PROBLEM STATEMENT – Once you have read the listing below, write all of it out again exactly.

DATASET ENTRIES –
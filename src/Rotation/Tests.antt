-- ===== src/Rotation/Tests.antt =====
-- A rotation at a concrete deployment, with commands that fail at chosen places.
use open_energy_data_server.Common.{
  ℕ, String, ◌≡◌, refl, false, ◌⊎◌, none, some, [], ◌==◌, if◌then◌else◌,
}
use open_energy_data_server.Common.Dict
use open_energy_data_server.Rotation.EnvFile.{
  Passwords, load_env_file, render_env_file, updates_of, is_letter, are_word, is_identifier,
  is_line_break,
}
use open_energy_data_server.Rotation.EnvFile.Written.{no_breaks, get-load_env_file}
use open_energy_data_server.Rotation.World.{
  World, Outcome, done, failed_late, counted, ◌>>◌, ignoring, run_command, retry,
}
use open_energy_data_server.Rotation.Rotator.{
  rotate_database_passwords, rotate_grafana_password, rotate_pgadmin_password, write_compose_env,
  restart_dependent_services, verify, upsert_login_item, item_name, write_bitwarden_items, rollback,
  rotate, rotate_or_roll_back, create_backup_file, create_pending_file, close, finally_close, run,
}
use open_energy_data_server.Rotation.Rotator.Laws.{HasPasswords, rollback_restores}
use open_energy_data_server.Rotation.Rotator.Run.{
  IsRotated, run_rotates, rotate_or_roll_back_restores,
}
use open_energy_data_server.Rotation.Rotator.Failure.{Same, failed_run-Recoverable}

abbrev old : Passwords
old = record { db = "a"; readonly = "b"; grafana_admin = "c"; pgadmin_default = "d" }

abbrev new : Passwords
new = record { db = "A"; readonly = "B"; grafana_admin = "C"; pgadmin_default = "D" }

abbrev env_text : String
env_text = "# secrets\nOEDS_DB_PASSWORD=a\n"

abbrev deployment : World
deployment = record {
  opendata = "a";
  readonly = "b";
  grafana = "c";
  pgadmin = "d";
  env_file = env_text;
  started_with = env_text;
  wallet = [];
  pending = none;
  backup = none;
  commands = 0;
}

abbrev always : ℕ → Outcome
always n = done

-- the command of the number takes effect and fails all the same
abbrev fails_at : ℕ → ℕ → Outcome
fails_at m n = if n == m then failed_late else done

run_rotates_example :
    IsRotated always "kit" env_text old new (run always "kit" env_text old new false deployment).1
unfolding ◌>>◌ ignoring run_command retry counted rotate_database_passwords rotate_grafana_password
    rotate_pgadmin_password write_compose_env restart_dependent_services verify upsert_login_item
    item_name write_bitwarden_items rollback rotate rotate_or_roll_back create_backup_file
    create_pending_file close finally_close run
run_rotates_example = run_rotates always "kit" env_text old new deployment refl

rolled_back : HasPasswords old env_text (rollback always "kit" env_text old new deployment).1
unfolding ◌>>◌ ignoring run_command counted rotate_database_passwords rotate_grafana_password
    rotate_pgadmin_password write_compose_env restart_dependent_services upsert_login_item item_name
    write_bitwarden_items rollback
rolled_back = rollback_restores always "kit" env_text old new deployment refl

rotate_or_roll_back_restores_example :
    HasPasswords old env_text (rotate_or_roll_back (fails_at 3) "kit" env_text old new deployment).1
unfolding ◌>>◌ ignoring run_command retry counted rotate_database_passwords rotate_grafana_password
    rotate_pgadmin_password write_compose_env restart_dependent_services verify upsert_login_item
    item_name write_bitwarden_items rollback rotate rotate_or_roll_back
rotate_or_roll_back_restores_example =
    rotate_or_roll_back_restores (fails_at 3) "kit" env_text old new deployment refl refl

failed_run-Recoverable_example :
    Same deployment (run (fails_at 6) "kit" env_text old new false deployment).1
    ⊎ ((run (fails_at 6) "kit" env_text old new false deployment).1.pending ≡ some new)
unfolding ◌>>◌ ignoring run_command retry counted rotate_database_passwords rotate_grafana_password
    rotate_pgadmin_password write_compose_env restart_dependent_services verify upsert_login_item
    item_name write_bitwarden_items rollback rotate rotate_or_roll_back create_backup_file
    create_pending_file close finally_close run
failed_run-Recoverable_example =
    failed_run-Recoverable (fails_at 6) "kit" env_text old new deployment refl

get-load_env_file_example :
    Dict.get "OEDS_DB_PASSWORD" (load_env_file (render_env_file env_text (updates_of new)))
    ≡ some "A"
unfolding Dict.get Dict.has updates_of is_identifier is_letter are_word no_breaks is_line_break
get-load_env_file_example =
    get-load_env_file "OEDS_DB_PASSWORD" "A" env_text (updates_of new)
      (refl, refl, (refl, refl, (refl, refl, (refl, refl, tt)))) (refl, (refl, (refl, (refl, tt))))
      refl
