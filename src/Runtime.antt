-- ===== src/Runtime.antt =====
-- `CrawlerRunService` of crawler_admin/runtime_service.py: the table of runs, the actions an admin
-- may start, and the threads that carry them out.
pub mod Rows
pub mod Action
pub mod Service
pub mod DataItems
pub mod Forms
pub mod Definitions
pub mod Inputs
pub mod Locations
pub mod Prepared
pub mod Prepare
pub mod Start
mod Tests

ANSWER FOR THE TASK –
filename src/Rotation/Tests.antt
-- ===== src/Rotation/Tests.antt =====
-- A rotation at a concrete deployment, with commands that fail at chosen places.
use open_energy_data_server.Common.{
  ℕ, String, ◌≡◌, refl, false, ◌⊎◌, none, some, [], ◌==◌, if◌then◌else◌,
}
use open_energy_data_server.Common.Dict
use open_energy_data_server.Rotation.EnvFile.{
  Passwords, load_env_file, render_env_file, updates_of, is_letter, are_word, is_identifier,
  is_line_break,
}
use open_energy_data_server.Rotation.EnvFile.Written.{no_breaks, get-load_env_file}
use open_energy_data_server.Rotation.World.{
  World, Outcome, done, failed_late, counted, ◌>>◌, ignoring, run_command, retry,
}
use open_energy_data_server.Rotation.Rotator.{
  rotate_database_passwords, rotate_grafana_password, rotate_pgadmin_password, write_compose_env,
  restart_dependent_services, verify, upsert_login_item, item_name, write_bitwarden_items, rollback,
  rotate, rotate_or_roll_back, create_backup_file, create_pending_file, close, finally_close, run,
}
use open_energy_data_server.Rotation.Rotator.Laws.{HasPasswords, rollback_restores}
use open_energy_data_server.Rotation.Rotator.Run.{
  IsRotated, run_rotates, rotate_or_roll_back_restores,
}
use open_energy_data_server.Rotation.Rotator.Failure.{Same, failed_run-Recoverable}

abbrev old : Passwords
old = record { db = "a"; readonly = "b"; grafana_admin = "c"; pgadmin_default = "d" }

abbrev new : Passwords
new = record { db = "A"; readonly = "B"; grafana_admin = "C"; pgadmin_default = "D" }

abbrev env_text : String
env_text = "# secrets\nOEDS_DB_PASSWORD=a\n"

abbrev deployment : World
deployment = record {
  opendata = "a";
  readonly = "b";
  grafana = "c";
  pgadmin = "d";
  env_file = env_text;
  started_with = env_text;
  wallet = [];
  pending = none;
  backup = none;
  commands = 0;
}

abbrev always : ℕ → Outcome
always n = done

-- the command of the number takes effect and fails all the same
abbrev fails_at : ℕ → ℕ → Outcome
fails_at m n = if n == m then failed_late else done

run_rotates_example :
    IsRotated always "kit" env_text old new (run always "kit" env_text old new false deployment).1
unfolding ◌>>◌ ignoring run_command retry counted rotate_database_passwords rotate_grafana_password
    rotate_pgadmin_password write_compose_env restart_dependent_services verify upsert_login_item
    item_name write_bitwarden_items rollback rotate rotate_or_roll_back create_backup_file
    create_pending_file close finally_close run
run_rotates_example = run_rotates always "kit" env_text old new deployment refl

rolled_back : HasPasswords old env_text (rollback always "kit" env_text old new deployment).1
unfolding ◌>>◌ ignoring run_command counted rotate_database_passwords rotate_grafana_password
    rotate_pgadmin_password write_compose_env restart_dependent_services upsert_login_item item_name
    write_bitwarden_items rollback
rolled_back = rollback_restores always "kit" env_text old new deployment refl

rotate_or_roll_back_restores_example :
    HasPasswords old env_text (rotate_or_roll_back (fails_at 3) "kit" env_text old new deployment).1
unfolding ◌>>◌ ignoring run_command retry counted rotate_database_passwords rotate_grafana_password
    rotate_pgadmin_password write_compose_env restart_dependent_services verify upsert_login_item
    item_name write_bitwarden_items rollback rotate rotate_or_roll_back
rotate_or_roll_back_restores_example =
    rotate_or_roll_back_restores (fails_at 3) "kit" env_text old new deployment refl refl

failed_run-Recoverable_example :
    Same deployment (run (fails_at 6) "kit" env_text old new false deployment).1
    ⊎ ((run (fails_at 6) "kit" env_text old new false deployment).1.pending ≡ some new)
unfolding ◌>>◌ ignoring run_command retry counted rotate_database_passwords rotate_grafana_password
    rotate_pgadmin_password write_compose_env restart_dependent_services verify upsert_login_item
    item_name write_bitwarden_items rollback rotate rotate_or_roll_back create_backup_file
    create_pending_file close finally_close run
failed_run-Recoverable_example =
    failed_run-Recoverable (fails_at 6) "kit" env_text old new deployment refl

get-load_env_file_example :
    Dict.get "OEDS_DB_PASSWORD" (load_env_file (render_env_file env_text (updates_of new)))
    ≡ some "A"
unfolding Dict.get Dict.has updates_of is_identifier is_letter are_word no_breaks is_line_break
get-load_env_file_example =
    get-load_env_file "OEDS_DB_PASSWORD" "A" env_text (updates_of new)
      (refl, refl, (refl, refl, (refl, refl, (refl, refl, tt)))) (refl, (refl, (refl, (refl, tt))))
      refl
filename src/Runtime.antt
-- ===== src/Runtime.antt =====
-- `CrawlerRunService` of crawler_admin/runtime_service.py: the table of runs, the actions an admin
-- may start, and the threads that carry them out.
pub mod Rows
pub mod Action
pub mod Service
pub mod DataItems
pub mod Forms
pub mod Definitions
pub mod Inputs
pub mod Locations
pub mod Prepared
pub mod Prepare
pub mod Start
mod Tests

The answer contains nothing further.